## What to work on
For this exercise, copy out each line of the material below that includes "another".

## Dataset
+ + + + +

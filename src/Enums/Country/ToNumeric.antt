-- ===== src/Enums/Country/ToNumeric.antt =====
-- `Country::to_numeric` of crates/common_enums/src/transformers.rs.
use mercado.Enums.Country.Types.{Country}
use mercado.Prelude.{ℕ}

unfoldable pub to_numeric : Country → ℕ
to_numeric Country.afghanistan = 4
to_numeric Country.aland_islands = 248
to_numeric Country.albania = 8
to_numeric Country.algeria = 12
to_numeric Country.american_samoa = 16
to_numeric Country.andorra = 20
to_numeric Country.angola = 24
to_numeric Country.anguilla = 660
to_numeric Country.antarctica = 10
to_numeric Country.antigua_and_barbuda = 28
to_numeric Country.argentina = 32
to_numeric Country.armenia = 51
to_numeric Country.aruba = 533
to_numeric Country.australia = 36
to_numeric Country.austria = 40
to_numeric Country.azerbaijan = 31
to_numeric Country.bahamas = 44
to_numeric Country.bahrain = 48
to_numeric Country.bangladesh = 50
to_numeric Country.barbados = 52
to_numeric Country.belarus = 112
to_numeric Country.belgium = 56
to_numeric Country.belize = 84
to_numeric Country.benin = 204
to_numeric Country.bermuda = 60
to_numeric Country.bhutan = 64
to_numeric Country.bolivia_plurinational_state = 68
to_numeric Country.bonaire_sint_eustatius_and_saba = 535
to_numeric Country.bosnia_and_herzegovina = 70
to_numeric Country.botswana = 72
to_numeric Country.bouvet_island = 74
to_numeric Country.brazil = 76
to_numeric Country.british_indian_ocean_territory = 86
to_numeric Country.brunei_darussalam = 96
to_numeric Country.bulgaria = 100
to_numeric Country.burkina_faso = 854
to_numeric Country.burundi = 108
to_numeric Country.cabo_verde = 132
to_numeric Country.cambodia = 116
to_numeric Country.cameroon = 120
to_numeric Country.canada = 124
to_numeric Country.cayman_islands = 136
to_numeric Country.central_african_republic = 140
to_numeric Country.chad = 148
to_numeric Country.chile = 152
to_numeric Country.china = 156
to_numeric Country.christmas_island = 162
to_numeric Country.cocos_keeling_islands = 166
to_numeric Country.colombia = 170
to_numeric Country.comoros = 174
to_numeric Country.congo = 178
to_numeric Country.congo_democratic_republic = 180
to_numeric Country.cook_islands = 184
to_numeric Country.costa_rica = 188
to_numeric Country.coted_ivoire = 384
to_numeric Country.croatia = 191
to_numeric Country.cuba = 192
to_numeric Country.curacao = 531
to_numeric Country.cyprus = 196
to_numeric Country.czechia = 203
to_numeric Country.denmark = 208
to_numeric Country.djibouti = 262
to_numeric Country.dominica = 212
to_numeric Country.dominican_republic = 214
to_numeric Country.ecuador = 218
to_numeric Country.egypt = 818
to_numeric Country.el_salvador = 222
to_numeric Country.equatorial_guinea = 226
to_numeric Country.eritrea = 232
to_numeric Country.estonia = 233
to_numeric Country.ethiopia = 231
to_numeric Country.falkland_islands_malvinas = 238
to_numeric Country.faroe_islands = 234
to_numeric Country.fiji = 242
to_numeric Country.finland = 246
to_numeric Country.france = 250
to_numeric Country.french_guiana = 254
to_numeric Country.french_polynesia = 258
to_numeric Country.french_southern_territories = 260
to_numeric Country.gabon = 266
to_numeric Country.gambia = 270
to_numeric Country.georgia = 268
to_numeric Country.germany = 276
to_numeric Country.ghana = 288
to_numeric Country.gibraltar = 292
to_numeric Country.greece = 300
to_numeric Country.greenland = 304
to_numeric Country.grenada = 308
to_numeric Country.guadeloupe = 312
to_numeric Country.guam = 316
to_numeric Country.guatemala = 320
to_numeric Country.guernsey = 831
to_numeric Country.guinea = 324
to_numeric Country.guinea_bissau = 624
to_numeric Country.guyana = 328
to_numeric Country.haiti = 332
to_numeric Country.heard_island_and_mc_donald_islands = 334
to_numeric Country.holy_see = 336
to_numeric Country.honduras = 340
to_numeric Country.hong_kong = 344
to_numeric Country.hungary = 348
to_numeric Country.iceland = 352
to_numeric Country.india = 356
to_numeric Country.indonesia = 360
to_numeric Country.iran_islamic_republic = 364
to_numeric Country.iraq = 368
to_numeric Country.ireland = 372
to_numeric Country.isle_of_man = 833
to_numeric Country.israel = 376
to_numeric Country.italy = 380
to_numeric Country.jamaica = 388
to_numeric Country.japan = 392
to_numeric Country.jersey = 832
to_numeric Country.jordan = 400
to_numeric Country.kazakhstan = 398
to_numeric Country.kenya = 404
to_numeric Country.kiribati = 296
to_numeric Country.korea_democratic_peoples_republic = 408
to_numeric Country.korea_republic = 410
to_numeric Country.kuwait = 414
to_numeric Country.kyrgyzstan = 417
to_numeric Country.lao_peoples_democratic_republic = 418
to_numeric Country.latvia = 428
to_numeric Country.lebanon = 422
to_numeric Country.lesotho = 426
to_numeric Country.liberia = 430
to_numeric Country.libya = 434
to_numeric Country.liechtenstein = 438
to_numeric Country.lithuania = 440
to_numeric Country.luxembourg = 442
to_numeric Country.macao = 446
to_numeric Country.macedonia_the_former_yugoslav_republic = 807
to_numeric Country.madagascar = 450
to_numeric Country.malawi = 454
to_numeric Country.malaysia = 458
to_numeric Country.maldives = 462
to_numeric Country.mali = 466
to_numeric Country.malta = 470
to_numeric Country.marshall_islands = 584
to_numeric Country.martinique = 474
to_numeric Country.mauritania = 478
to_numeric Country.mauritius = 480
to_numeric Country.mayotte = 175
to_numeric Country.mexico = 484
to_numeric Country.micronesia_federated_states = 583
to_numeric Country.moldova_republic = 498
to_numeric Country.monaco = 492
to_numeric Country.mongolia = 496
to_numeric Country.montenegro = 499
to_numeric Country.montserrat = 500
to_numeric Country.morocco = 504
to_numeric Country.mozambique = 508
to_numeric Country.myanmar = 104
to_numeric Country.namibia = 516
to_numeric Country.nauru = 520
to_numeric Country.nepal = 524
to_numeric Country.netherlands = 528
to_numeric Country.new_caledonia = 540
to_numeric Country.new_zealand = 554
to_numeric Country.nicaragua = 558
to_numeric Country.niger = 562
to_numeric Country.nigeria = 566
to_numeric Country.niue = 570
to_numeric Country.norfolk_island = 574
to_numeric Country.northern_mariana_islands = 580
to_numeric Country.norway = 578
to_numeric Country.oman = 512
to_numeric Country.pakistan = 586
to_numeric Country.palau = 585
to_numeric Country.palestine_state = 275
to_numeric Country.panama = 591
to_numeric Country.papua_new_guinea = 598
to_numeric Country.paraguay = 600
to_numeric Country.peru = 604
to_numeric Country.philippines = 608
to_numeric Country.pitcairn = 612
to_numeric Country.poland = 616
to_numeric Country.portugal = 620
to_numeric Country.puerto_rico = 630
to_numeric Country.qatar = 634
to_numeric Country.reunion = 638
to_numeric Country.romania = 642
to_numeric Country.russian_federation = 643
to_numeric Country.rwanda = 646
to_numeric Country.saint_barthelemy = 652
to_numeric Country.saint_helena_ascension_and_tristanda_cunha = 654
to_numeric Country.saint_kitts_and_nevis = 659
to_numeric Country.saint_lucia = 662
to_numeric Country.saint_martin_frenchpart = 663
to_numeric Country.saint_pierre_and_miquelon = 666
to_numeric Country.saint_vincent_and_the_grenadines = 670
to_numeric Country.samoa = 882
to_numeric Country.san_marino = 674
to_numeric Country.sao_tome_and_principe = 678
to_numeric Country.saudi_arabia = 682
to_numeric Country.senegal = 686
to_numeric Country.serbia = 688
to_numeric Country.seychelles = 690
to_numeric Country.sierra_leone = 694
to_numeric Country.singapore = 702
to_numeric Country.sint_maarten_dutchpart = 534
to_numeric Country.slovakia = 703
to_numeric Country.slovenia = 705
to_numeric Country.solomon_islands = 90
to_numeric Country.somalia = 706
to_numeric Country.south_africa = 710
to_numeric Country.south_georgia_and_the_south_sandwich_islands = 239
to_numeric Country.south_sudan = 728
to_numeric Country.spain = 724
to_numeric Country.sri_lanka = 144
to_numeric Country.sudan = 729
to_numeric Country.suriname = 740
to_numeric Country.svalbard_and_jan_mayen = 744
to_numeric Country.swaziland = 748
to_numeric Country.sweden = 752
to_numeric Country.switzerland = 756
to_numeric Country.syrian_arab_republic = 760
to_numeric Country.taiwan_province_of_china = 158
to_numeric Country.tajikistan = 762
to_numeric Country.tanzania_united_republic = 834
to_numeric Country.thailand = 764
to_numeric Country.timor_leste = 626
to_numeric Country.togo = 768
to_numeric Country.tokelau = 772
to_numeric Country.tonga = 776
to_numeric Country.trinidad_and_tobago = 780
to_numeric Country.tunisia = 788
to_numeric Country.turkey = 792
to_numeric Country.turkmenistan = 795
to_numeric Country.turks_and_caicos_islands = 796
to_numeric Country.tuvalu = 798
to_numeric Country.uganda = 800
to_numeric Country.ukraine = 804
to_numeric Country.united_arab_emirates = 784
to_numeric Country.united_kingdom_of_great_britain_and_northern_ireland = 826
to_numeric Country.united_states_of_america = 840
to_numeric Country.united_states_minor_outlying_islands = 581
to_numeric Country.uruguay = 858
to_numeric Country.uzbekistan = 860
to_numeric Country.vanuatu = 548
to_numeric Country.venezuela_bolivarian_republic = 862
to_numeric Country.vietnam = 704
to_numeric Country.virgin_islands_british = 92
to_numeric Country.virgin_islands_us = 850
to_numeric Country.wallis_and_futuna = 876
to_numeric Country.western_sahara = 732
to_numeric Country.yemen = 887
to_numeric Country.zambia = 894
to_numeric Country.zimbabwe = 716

+ + + + +

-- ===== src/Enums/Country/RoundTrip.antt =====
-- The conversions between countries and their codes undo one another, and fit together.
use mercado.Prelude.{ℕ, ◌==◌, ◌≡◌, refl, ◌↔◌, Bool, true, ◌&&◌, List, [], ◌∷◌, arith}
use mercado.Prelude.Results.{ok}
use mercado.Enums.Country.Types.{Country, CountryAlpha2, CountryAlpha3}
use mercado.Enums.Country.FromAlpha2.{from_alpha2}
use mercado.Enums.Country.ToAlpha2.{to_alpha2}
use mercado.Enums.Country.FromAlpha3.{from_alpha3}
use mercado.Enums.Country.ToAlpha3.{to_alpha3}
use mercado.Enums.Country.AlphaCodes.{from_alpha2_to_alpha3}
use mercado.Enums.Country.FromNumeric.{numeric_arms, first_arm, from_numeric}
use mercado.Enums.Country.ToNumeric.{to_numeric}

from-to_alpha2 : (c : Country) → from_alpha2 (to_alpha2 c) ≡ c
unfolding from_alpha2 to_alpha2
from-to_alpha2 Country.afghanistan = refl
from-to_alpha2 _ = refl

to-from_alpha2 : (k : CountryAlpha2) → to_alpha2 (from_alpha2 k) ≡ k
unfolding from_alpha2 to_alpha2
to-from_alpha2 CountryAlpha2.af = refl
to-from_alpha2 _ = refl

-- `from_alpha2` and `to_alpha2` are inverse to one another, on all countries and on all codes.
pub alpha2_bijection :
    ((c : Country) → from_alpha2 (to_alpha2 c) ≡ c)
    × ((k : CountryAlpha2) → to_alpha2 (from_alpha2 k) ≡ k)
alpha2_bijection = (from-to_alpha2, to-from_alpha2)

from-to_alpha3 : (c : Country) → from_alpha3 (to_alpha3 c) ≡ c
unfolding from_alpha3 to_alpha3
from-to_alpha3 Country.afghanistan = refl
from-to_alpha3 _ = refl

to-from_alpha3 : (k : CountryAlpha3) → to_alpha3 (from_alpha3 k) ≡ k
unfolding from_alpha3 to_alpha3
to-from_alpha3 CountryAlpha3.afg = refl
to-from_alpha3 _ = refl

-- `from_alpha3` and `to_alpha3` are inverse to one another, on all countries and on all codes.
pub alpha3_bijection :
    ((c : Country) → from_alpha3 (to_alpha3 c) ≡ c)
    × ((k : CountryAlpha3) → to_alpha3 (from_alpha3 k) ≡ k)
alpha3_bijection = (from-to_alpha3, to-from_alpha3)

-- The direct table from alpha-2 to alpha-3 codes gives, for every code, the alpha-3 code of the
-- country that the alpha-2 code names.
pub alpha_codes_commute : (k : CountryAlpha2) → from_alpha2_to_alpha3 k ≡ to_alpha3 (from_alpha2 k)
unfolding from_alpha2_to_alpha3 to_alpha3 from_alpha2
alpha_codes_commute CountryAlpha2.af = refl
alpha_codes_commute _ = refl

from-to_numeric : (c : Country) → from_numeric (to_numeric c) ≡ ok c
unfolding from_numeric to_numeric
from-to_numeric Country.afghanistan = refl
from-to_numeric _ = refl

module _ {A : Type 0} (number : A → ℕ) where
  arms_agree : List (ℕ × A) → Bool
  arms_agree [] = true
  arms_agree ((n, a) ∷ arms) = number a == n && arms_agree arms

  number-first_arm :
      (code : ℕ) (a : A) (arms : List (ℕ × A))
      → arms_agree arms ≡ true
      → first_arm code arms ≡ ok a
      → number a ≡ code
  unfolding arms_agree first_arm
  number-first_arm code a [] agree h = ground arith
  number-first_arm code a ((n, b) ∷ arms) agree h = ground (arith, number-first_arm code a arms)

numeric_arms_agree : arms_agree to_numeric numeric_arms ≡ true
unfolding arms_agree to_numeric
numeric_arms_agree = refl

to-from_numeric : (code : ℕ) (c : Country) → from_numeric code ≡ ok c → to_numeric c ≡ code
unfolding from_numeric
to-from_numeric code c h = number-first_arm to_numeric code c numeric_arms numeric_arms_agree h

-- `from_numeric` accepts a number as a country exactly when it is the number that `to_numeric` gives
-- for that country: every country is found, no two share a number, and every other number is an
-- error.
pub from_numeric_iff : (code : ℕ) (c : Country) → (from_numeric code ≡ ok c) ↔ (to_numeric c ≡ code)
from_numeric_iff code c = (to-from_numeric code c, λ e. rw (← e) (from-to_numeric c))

+ + + + +

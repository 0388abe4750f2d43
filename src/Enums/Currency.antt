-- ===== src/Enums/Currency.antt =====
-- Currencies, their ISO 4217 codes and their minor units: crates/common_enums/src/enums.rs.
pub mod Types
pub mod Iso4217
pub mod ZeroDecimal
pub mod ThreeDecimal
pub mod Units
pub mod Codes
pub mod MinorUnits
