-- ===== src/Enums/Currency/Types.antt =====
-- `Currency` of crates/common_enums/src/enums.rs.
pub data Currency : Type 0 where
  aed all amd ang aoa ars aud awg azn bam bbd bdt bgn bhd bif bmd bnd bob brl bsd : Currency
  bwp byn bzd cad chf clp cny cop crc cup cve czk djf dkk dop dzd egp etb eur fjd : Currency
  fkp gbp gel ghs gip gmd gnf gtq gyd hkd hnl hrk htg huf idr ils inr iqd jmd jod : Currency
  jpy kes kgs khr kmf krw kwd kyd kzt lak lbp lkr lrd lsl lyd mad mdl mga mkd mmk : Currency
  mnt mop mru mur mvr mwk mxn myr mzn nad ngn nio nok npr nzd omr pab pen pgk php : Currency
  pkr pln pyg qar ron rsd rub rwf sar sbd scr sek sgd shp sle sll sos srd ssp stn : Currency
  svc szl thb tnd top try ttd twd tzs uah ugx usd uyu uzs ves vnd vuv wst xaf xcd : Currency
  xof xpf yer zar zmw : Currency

+ + + + +

## Answer
-- The conversions between countries and their codes undo one another, and fit together.
-- `from_alpha2` and `to_alpha2` are inverse to one another, on all countries and on all codes.
-- `from_alpha3` and `to_alpha3` are inverse to one another, on all countries and on all codes.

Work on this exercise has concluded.